Friday, June 29, 2012

More on Taxes vs. Penalties in ACA

  I do have to say that my post below was pretty much on target, although I really did not think that the decision would be made on the basis of whether the mandate can be interpreted as a tax.

  On the whole, I am not disappointed with the Supreme Court decision. I think that Roberts and his majority colleagues did what I would want them to do and what they should do: Not look for way to find that the ACA is unconstitutional, but look to see if there is a way to rule it constitutional. Innocent until proven guilty. Roberts says this in a different way, when he discusses the point that if a law can be read in more than one way, the Court needs to read it in the most constitutionally favorable way.  The Commerce Clause limitations were even strengthened, and the idea that laws like this have to be recognized as taxes will make the political process more transparent.

  The ACA is also not a terrible base from which to build, if certain things were to be modified. I would really like to see us sever health insurance from employment, and while the ACA does provide a platform for that to happen -- the exchanges, and the beginning of taxation of health benefits -- it does not go nearly far enough. 

  But there is one more ethical question, related to my Apr. 4 post below. Roberts actually created a third option in addition to the two that I had: Scheme C: A mandate to buy insurance, with a tax penalty to be paid if the mandate is not followed. However, "...the mandate is not a legal command...(p.32, Opinion) and "...if someone chooses to pay rather than obtain health insurance, they have fully complied with the law...(p.37) Is there an ethical difference between Scheme C and Scheme A, the mandate and penalty? Seems pretty clear to me that there is. According to Roberts, I can skip insurance  simply pay the fine, and feel no qualms about doing so. I don't have "..all the attendant consequences of being branded a criminal..."

   I do worry that we are creating a precedent here, by creating a law with the word "shall" in it, and then saying that you can break that law and simply pay the penalty and be off the hook, including according to Roberts avoiding any "social stigma." So when the government says I shall do other things, such as parking in no parking zones, can I just pay the fine and be off the hook, legally and socially?


Anonymous said...

Although I am against using the tax code for social engineering in general, I believe there is an ethical difference between these two scenarios which may sound like semantics, but can have significant practical consequences.

If you tax everyone and provide credits, an individual is not coerced to take an action. They simply get rewarded if they do so.

If one is penalized for not doing something, you are being coerced into action.

The key difference is taxing everyone means the majority is impacted, thus interested in the tax. Though a minority can exploit this system to their benefit, e.g. electric car tax credits, the majority is unlikely to allow an overly excessive tax. In the case of the penalty, minorities can be explicitly targeted while the majority remains uninterested since they are not affected.

For example:

1. The TV tax: We will tax everyone to fund the purchase of TVs.

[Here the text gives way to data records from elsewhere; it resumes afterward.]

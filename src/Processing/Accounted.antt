-- ===== src/Processing/Accounted.antt =====
-- lib/evidence-processing-service.js: what each step of `processEvidence` leaves behind.
use tanden_trust_audit_poc.Base.{
  ℕ, String, Bool, true, false, Option, none, some, List, Result, ok, err, Number, natural, ◌≡◌,
  refl, or_null, ◌∙◌, arith, ap,
}
use tanden_trust_audit_poc.Json.{Json, Fields, str, obj}
use tanden_trust_audit_poc.Platform.{Crypto}
use tanden_trust_audit_poc.Ledger.Row.{LedgerError}
use tanden_trust_audit_poc.Ledger.Table.{Table, IsLawful}
use tanden_trust_audit_poc.Ledger.Logger.{EventRow, Pool, append_event}
use tanden_trust_audit_poc.Ledger.Results.{Leaves, append_event-Leaves}
use tanden_trust_audit_poc.Ledger.Appended.{AddsRow, append_event-AddsRow}
use tanden_trust_audit_poc.Signing.Provider.{Signed, SigningProvider}
use tanden_trust_audit_poc.Store.Request.{StoreError, assert_valid_version}
use tanden_trust_audit_poc.Store.Table.{VersionTable, IsVersionTable}
use tanden_trust_audit_poc.Store.Methods.{
  Stored, EvidenceVersion, append_evidence, get_evidence_version,
}
use tanden_trust_audit_poc.Store.Accepted.{checked-IsAccepted}
use tanden_trust_audit_poc.Store.WriteOnce.{
  append_evidence-get_evidence_version, StoreLeaves, append_evidence-StoreLeaves,
}
use tanden_trust_audit_poc.Processing.Service.{
  Processed, Validation, ProcessingError, validation_failed, version_refused, signing_failed,
  store_write_failed, ledger_write_failed, Service, Surroundings, store_request,
  create_ledger_request, processed, ledger_written, store_written, evidence_signed, version_checked,
  schema_checked, process_evidence,
}

pub same_text : {a b : String} → some (str a) ≡ some (str b) → b ≡ a
same_text h = ground arith

pub same_value : {a b : Json} → some a ≡ some b → b ≡ a
same_value h = ground arith

module _ (number_text : ℕ → String) (crypto : Crypto) (l : Table) (t : VersionTable)
    (p : SigningProvider) (validate : Json → Validation) where
  -- The store has the evidence, under the version that it returned and with its signature.
  pub record Holds (evidence : Fields) (signed : Signed) (stored : Stored) (s : t.State)
      : Type 0 where
    pub row : EvidenceVersion
    pub found :
        get_evidence_version t none
          (some (str stored.evidence_id))
          (some (natural stored.version))
          s
        ≡ ok (some row)
    pub same_id : row.id ≡ stored.id
    pub same_digest : row.digest_hex ≡ signed.digest_hex
    pub same_signature : row.signature ≡ signed.signature_base64
    pub same_evidence : crypto.canonicalize row.evidence ≡ crypto.canonicalize (obj evidence)

  stored-Holds :
      (x : Surroundings number_text crypto l t p validate) (evidence : Fields)
      (version : Option Number) (signed : Signed) (stored : Stored) (s s' : t.State)
      → IsVersionTable crypto t
      → append_evidence t x.link (store_request evidence version signed) s ≡ (ok stored, s')
      → Holds evidence signed stored s'
  stored-Holds x evidence version signed stored s s' laws h =
      let (new, row, checked, absent, found, columns, canonical) =
        append_evidence-get_evidence_version crypto t laws x.link
          (store_request evidence version signed) s s' stored h in
      let accepted = checked-IsAccepted (store_request evidence version signed) new checked in
      record {
        row = row;
        found = found;
        same_id = ap (λ c. c.id) columns;
        same_digest = ap (λ c. c.digest_hex) columns ∙ same_text accepted.same_digest;
        same_signature = ap (λ c. c.signature) columns ∙ same_text accepted.same_signature;
        same_evidence = canonical ∙ ap crypto.canonicalize (same_value accepted.same_evidence);
      }

  -- What a call of `processEvidence` has done, by its result.
  abbrev pub Accounted :
      Surroundings number_text crypto l t p validate
      → Fields
      → Option Number
      → Service number_text crypto l t p validate
      → Result p.Error Signed
      → Result (ProcessingError number_text crypto l t p validate) Processed
        × Service number_text crypto l t p validate
      → Type 0
  Accounted x evidence version s answer (ok result, s') =
      (signed : Signed) × (stored : Stored) × (row : EventRow) × (answer ≡ ok signed)
      × Holds evidence signed stored s'.store
      × AddsRow crypto l (create_ledger_request number_text signed stored) x.event_id s.ledger.table
          s'.ledger.table row
      × (result ≡ processed signed stored row)
  Accounted x evidence version s answer (err (validation_failed errors), s') =
      ((validate (obj evidence)).is_valid ≡ false) × (s' ≡ s)
  Accounted x evidence version s answer (err (version_refused e), s') = s' ≡ s
  Accounted x evidence version s answer (err (signing_failed e), s') =
      (answer ≡ err e) × (s'.store ≡ s.store) × (s'.ledger ≡ s.ledger)
  Accounted x evidence version s answer (err (store_write_failed signed e), s') =
      (answer ≡ ok signed)
      × (s'.ledger ≡ s.ledger)
      × StoreLeaves t x.link (store_request evidence version signed) s.store s'.store
  Accounted x evidence version s answer (err (ledger_write_failed signed stored request e), s') =
      (answer ≡ ok signed)
      × Holds evidence signed stored s'.store
      × (request ≡ create_ledger_request number_text signed stored)
      × Leaves crypto l x.faults x.event_id s.ledger.table s'.ledger.table

  -- `processEvidence` signs before it stores, and stores before it writes to the ledger. A result
  -- comes with the stored version and one new event. An error of the schema or the version leaves
  -- everything as it was. One of the store leaves the ledger as it was, and the store too, unless
  -- the answer to an INSERT that the server had run was lost. An error of the ledger
  -- leaves the stored version, and carries the request to try again; the ledger is as it was, unless
  -- the server had applied the COMMIT whose answer was lost.
  pub process_evidence-Accounted :
      (x : Surroundings number_text crypto l t p validate) (evidence : Fields)
      (version : Option Number) (pem : Option String)
      (s : Service number_text crypto l t p validate)
      → IsLawful crypto l
      → IsVersionTable crypto t
      → Accounted x evidence version s
          (p.sign_evidence (obj evidence) (or_null pem) s.provider).0
          (process_evidence number_text crypto l t p validate x evidence version pem s)
  process_evidence-Accounted x evidence version pem s laws store_laws =
      unfold process_evidence in
      at_schema (validate (obj evidence)).is_valid (validate (obj evidence)).errors refl
    where
      answer : Result p.Error Signed × p.State
      answer = p.sign_evidence (obj evidence) (or_null pem) s.provider

      at_ledger :
          (signed : Signed) (stored : Stored) (state : p.State) (store : t.State)
          (r : Result LedgerError EventRow × Pool l.State)
          → answer.0 ≡ ok signed
          → Holds evidence signed stored store
          → append_event crypto l x.faults x.event_id
              (create_ledger_request number_text signed stored)
              s.ledger
            ≡ r
          → Accounted x evidence version s answer.0
              (ledger_written number_text crypto l t p validate signed stored state store r)
      at_ledger signed stored state store (ok row, ledger) given holds eq =
          unfold ledger_written in
          (
            signed,
            stored,
            row,
            given,
            holds,
            append_event-AddsRow crypto l x.faults x.event_id
                (create_ledger_request number_text signed stored) s.ledger ledger row laws eq,
            refl,
          )
      at_ledger signed stored state store (err e, ledger) given holds eq =
          unfold ledger_written in
          (
            given,
            holds,
            refl,
            append_event-Leaves crypto l x.faults x.event_id
                (create_ledger_request number_text signed stored) s.ledger ledger e laws eq,
          )

      at_store :
          (signed : Signed) (state : p.State) (r : Result StoreError Stored × t.State)
          → answer.0 ≡ ok signed
          → append_evidence t x.link (store_request evidence version signed) s.store ≡ r
          → Accounted x evidence version s answer.0
              (store_written number_text crypto l t p validate x signed state s.ledger r)
      at_store signed state (err e, store) given eq =
          unfold store_written in
          (
            given,
            refl,
            append_evidence-StoreLeaves crypto t store_laws x.link
                (store_request evidence version signed) s.store store e eq,
          )
      at_store signed state (ok stored, store) given eq =
          unfold store_written in
          at_ledger signed stored state store
            (append_event crypto l x.faults x.event_id
              (create_ledger_request number_text signed stored) s.ledger)
            given (stored-Holds x evidence version signed stored s.store store store_laws eq) refl

      at_signing :
          (r : Result p.Error Signed × p.State)
          → answer.0 ≡ r.0
          → Accounted x evidence version s answer.0 (
              evidence_signed number_text crypto l t p validate x evidence version s.store s.ledger
                r)
      at_signing (err e, state) given = unfold evidence_signed in (given, refl, refl)
      at_signing (ok signed, state) given =
          unfold evidence_signed in
          at_store signed state
            (append_evidence t x.link (store_request evidence version signed) s.store) given refl

      at_version :
          (r : Result StoreError ℕ)
          → Accounted x evidence version s answer.0
              (version_checked number_text crypto l t p validate x evidence version pem s r)
      at_version (err e) = unfold version_checked in refl
      at_version (ok n) = unfold version_checked in at_signing answer refl

      at_schema :
          (valid : Bool) (errors : List String)
          → (validate (obj evidence)).is_valid ≡ valid
          → Accounted x evidence version s answer.0 (
              schema_checked number_text crypto l t p validate x evidence version pem s valid
                errors)
      at_schema false errors eq = unfold schema_checked in (eq, refl)
      at_schema true errors eq = unfold schema_checked in at_version (assert_valid_version version)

If you buy a TV you will receive a credit, so you are no worse off.

2. The TV penalty: those that do not buy a TV will be penalized.

In the first case, everyone's taxes will be raised and so everyone will be interested and the level of the tax will be kept in check by the majority. In the second case, no one will care except a few. There is nothing to limit the level of this tax--it could be 50% or 75% of one's income.

Maintaining protections for the minority is one of the key strengths of the US system. I believe this ruling weakens this protection.

As an aside, I find it ironic that many of those that are concerned by Citizens United are pleased with this decision. It seems like these people should be worried about this scenario: "Hey Mr. Congressman, I would love to penalize those that do not buy my product. BTW, here's some money for your Super PAC."

It's a good thing I'm not concerned about the exercise of free speech by individuals or groups of individuals that organize themselves into corporations, or else I would be very worried by this scenario.

SpaceShot said...

The biggest problem is our acceptance that the Congress can tax and then spend for any purpose, even purposes not laid out in Article 1 Section 8. We are very foolish and stupid people for allowing this interpretation to stand. It means there is no point in enumerating limited powers, since the Congress may simply choose to lay a tax and then spend it for any purpose.

I know this is not new law and Roberts did not create this interpretation of the General Welfare clause, but we dismantled Enumerated Powers when we accepted it as a people. Eventually, big programs would be created without amending the Constitution to authorize them, and the power of the federal government now knows no bounds.